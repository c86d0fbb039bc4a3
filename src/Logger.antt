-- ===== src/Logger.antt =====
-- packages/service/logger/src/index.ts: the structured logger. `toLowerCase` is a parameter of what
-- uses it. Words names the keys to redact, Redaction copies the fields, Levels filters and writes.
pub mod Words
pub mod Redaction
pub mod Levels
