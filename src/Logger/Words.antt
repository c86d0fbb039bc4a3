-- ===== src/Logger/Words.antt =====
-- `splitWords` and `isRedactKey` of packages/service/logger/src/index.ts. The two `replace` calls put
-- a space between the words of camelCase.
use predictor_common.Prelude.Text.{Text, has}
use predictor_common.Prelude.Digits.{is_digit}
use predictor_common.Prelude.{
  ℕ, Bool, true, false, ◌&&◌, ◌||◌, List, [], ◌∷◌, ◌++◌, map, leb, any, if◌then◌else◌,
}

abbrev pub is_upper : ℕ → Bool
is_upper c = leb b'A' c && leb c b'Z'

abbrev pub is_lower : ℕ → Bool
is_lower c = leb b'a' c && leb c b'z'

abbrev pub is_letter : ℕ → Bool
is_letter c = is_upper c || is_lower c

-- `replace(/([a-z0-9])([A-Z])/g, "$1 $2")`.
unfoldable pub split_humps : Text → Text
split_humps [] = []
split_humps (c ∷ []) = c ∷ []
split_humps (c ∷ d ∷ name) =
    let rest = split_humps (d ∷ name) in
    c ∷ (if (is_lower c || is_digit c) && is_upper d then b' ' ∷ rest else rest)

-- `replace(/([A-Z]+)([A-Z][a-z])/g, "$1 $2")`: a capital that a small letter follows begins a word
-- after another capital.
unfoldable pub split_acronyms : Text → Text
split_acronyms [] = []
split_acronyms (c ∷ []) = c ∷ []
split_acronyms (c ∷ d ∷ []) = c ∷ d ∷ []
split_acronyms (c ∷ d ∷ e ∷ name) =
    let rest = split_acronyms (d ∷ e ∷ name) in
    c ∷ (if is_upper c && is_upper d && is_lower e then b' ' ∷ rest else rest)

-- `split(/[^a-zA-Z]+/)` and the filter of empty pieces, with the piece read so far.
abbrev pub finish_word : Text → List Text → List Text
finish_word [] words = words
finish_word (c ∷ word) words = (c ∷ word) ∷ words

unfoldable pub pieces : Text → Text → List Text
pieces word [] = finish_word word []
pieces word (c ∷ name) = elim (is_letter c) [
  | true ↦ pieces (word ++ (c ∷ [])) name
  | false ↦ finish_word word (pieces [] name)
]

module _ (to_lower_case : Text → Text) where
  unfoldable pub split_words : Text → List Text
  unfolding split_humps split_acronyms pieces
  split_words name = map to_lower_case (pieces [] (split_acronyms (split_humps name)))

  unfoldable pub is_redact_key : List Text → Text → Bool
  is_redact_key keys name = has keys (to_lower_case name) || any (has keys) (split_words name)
* * *
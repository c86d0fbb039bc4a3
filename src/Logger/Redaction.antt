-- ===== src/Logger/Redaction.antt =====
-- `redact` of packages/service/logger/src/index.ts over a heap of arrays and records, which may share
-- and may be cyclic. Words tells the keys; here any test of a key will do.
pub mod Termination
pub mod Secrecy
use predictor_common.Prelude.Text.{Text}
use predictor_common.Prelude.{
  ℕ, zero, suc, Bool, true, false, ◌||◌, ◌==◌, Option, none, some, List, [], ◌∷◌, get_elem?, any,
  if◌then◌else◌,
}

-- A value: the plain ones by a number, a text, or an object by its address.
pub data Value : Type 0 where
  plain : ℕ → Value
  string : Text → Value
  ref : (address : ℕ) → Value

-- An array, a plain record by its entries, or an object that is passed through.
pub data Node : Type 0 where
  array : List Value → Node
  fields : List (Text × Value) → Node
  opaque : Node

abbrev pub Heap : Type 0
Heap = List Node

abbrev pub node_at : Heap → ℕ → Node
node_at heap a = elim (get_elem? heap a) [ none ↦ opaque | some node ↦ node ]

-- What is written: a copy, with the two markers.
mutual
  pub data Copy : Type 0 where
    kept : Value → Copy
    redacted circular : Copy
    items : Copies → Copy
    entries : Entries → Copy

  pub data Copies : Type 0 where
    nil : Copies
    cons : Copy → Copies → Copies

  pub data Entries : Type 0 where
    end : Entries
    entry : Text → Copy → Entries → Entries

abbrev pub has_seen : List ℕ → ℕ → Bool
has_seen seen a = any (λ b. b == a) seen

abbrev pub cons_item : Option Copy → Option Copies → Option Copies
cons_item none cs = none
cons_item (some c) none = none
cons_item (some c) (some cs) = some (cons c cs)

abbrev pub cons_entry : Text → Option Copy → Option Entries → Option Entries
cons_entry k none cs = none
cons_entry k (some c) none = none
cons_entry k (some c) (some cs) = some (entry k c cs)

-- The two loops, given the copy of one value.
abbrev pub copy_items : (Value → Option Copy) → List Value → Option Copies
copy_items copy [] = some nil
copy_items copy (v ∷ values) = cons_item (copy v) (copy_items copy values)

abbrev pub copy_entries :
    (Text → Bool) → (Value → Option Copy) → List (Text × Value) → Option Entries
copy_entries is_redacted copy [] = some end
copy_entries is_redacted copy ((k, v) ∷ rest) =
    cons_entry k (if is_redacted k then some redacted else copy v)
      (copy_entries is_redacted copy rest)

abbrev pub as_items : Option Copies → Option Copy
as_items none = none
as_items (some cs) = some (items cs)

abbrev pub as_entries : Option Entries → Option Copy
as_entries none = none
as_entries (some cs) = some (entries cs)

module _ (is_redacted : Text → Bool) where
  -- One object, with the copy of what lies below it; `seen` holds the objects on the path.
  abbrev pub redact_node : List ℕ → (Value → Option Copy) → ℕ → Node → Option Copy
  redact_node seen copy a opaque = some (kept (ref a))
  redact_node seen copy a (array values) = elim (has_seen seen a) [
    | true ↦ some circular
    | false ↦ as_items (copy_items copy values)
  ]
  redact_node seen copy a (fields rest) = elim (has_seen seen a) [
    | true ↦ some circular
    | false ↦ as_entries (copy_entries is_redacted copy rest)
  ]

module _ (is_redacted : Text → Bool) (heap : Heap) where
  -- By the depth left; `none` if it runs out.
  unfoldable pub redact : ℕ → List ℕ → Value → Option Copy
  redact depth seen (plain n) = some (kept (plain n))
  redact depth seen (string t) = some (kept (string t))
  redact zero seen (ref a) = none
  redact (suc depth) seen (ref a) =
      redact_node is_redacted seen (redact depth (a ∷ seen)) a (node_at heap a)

What is required
Whenever a line in the entries holds the word "data", copy that line.

Result of this task
pub data Value : Type 0 where
pub data Node : Type 0 where
  pub data Copy : Type 0 where
  pub data Copies : Type 0 where
  pub data Entries : Type 0 where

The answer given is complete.